-- EXERCISE PROMPT --
In the listing below, start your output at the line with "-- The counts of" and end it after the line with "abbrev pub item_id : BodyItem → String", copying every line exactly.

-- PROVIDED DATA --
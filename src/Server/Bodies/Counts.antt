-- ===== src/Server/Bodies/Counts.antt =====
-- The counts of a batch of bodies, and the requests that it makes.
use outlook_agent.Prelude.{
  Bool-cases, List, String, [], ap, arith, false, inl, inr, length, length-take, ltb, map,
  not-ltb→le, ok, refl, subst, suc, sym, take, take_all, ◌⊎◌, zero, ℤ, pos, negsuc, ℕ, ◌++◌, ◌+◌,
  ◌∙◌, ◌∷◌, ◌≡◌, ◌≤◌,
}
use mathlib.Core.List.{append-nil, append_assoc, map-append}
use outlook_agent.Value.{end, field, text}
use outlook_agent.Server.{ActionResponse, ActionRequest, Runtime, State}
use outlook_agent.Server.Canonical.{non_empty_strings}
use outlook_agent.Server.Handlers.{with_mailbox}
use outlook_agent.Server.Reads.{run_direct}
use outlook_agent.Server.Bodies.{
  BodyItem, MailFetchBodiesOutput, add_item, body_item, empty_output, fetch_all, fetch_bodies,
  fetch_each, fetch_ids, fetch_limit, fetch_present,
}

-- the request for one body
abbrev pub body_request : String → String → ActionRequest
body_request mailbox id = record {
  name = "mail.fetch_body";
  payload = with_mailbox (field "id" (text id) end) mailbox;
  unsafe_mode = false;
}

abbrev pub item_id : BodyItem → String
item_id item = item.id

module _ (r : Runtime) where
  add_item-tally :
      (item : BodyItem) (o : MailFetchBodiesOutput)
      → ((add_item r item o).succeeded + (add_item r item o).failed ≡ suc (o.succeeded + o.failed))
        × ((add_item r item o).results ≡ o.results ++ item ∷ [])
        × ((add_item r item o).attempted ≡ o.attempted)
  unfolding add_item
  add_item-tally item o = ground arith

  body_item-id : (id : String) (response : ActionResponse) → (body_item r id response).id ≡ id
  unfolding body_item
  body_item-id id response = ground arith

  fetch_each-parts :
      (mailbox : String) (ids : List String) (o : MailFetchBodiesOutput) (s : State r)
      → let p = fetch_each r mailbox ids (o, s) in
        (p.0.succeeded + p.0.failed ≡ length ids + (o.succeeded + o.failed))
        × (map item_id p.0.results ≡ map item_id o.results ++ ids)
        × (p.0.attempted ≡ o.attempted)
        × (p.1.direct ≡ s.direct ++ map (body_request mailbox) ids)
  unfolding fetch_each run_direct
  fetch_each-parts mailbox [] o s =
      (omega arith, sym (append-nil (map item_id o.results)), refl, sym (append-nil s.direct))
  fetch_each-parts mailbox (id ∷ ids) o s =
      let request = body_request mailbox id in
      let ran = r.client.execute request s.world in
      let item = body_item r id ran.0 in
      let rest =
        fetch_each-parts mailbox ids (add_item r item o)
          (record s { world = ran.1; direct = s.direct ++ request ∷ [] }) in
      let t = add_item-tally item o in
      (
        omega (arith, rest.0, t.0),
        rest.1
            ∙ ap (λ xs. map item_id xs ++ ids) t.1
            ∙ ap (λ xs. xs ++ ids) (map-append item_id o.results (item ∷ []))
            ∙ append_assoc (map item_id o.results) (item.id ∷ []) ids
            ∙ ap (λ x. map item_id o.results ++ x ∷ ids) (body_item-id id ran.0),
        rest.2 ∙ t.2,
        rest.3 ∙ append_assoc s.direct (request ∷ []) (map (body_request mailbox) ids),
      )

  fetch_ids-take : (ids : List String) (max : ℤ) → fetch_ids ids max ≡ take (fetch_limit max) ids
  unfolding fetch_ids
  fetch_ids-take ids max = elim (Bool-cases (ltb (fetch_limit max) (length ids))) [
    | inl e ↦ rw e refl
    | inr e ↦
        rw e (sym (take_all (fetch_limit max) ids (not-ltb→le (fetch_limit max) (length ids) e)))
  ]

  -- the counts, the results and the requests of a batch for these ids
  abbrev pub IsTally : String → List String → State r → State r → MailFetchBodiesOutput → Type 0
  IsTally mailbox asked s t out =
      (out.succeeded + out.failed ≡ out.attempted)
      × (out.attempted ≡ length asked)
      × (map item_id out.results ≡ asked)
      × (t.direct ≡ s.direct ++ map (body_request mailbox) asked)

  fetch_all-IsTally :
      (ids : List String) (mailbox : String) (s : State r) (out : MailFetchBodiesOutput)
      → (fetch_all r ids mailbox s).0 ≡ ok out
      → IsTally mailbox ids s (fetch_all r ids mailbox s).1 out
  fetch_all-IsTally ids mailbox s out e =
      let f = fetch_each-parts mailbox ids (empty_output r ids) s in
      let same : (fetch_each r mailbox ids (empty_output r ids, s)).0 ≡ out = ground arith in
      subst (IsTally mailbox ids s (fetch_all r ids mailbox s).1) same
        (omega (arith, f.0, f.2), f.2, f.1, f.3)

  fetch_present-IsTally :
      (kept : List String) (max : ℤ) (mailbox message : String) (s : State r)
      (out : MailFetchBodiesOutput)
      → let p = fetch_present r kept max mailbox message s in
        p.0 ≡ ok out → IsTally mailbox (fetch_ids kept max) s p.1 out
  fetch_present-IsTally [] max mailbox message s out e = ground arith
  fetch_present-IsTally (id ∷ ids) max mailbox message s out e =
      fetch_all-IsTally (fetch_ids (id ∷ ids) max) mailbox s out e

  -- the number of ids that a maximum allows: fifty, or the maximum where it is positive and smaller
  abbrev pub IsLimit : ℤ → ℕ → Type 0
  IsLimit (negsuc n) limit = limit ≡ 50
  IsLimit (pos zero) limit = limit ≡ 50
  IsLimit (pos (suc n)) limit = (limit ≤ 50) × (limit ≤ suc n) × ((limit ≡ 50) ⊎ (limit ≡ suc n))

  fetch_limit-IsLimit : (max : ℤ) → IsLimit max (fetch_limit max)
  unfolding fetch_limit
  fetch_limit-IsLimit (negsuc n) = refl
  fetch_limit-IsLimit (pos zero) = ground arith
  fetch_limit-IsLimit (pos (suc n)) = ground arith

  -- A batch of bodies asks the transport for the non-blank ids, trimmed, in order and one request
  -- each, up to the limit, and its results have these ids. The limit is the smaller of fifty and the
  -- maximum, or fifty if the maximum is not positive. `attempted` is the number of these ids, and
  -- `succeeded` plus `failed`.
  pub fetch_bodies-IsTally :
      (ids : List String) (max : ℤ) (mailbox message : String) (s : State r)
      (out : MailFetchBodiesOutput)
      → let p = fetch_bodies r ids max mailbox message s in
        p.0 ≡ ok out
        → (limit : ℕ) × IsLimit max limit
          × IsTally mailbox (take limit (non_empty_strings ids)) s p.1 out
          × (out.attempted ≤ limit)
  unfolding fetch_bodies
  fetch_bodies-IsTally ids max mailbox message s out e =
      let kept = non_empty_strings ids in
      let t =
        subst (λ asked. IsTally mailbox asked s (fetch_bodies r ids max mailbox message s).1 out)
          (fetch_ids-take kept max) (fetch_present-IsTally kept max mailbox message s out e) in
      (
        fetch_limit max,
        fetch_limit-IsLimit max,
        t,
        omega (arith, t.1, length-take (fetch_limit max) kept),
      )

-- RESPONSE BELOW --
-- The counts of a batch of bodies, and the requests that it makes.
use outlook_agent.Prelude.{
  Bool-cases, List, String, [], ap, arith, false, inl, inr, length, length-take, ltb, map,
  not-ltb→le, ok, refl, subst, suc, sym, take, take_all, ◌⊎◌, zero, ℤ, pos, negsuc, ℕ, ◌++◌, ◌+◌,
  ◌∙◌, ◌∷◌, ◌≡◌, ◌≤◌,
}
use mathlib.Core.List.{append-nil, append_assoc, map-append}
use outlook_agent.Value.{end, field, text}
use outlook_agent.Server.{ActionResponse, ActionRequest, Runtime, State}
use outlook_agent.Server.Canonical.{non_empty_strings}
use outlook_agent.Server.Handlers.{with_mailbox}
use outlook_agent.Server.Reads.{run_direct}
use outlook_agent.Server.Bodies.{
  BodyItem, MailFetchBodiesOutput, add_item, body_item, empty_output, fetch_all, fetch_bodies,
  fetch_each, fetch_ids, fetch_limit, fetch_present,
}

-- the request for one body
abbrev pub body_request : String → String → ActionRequest
body_request mailbox id = record {
  name = "mail.fetch_body";
  payload = with_mailbox (field "id" (text id) end) mailbox;
  unsafe_mode = false;
}

abbrev pub item_id : BodyItem → String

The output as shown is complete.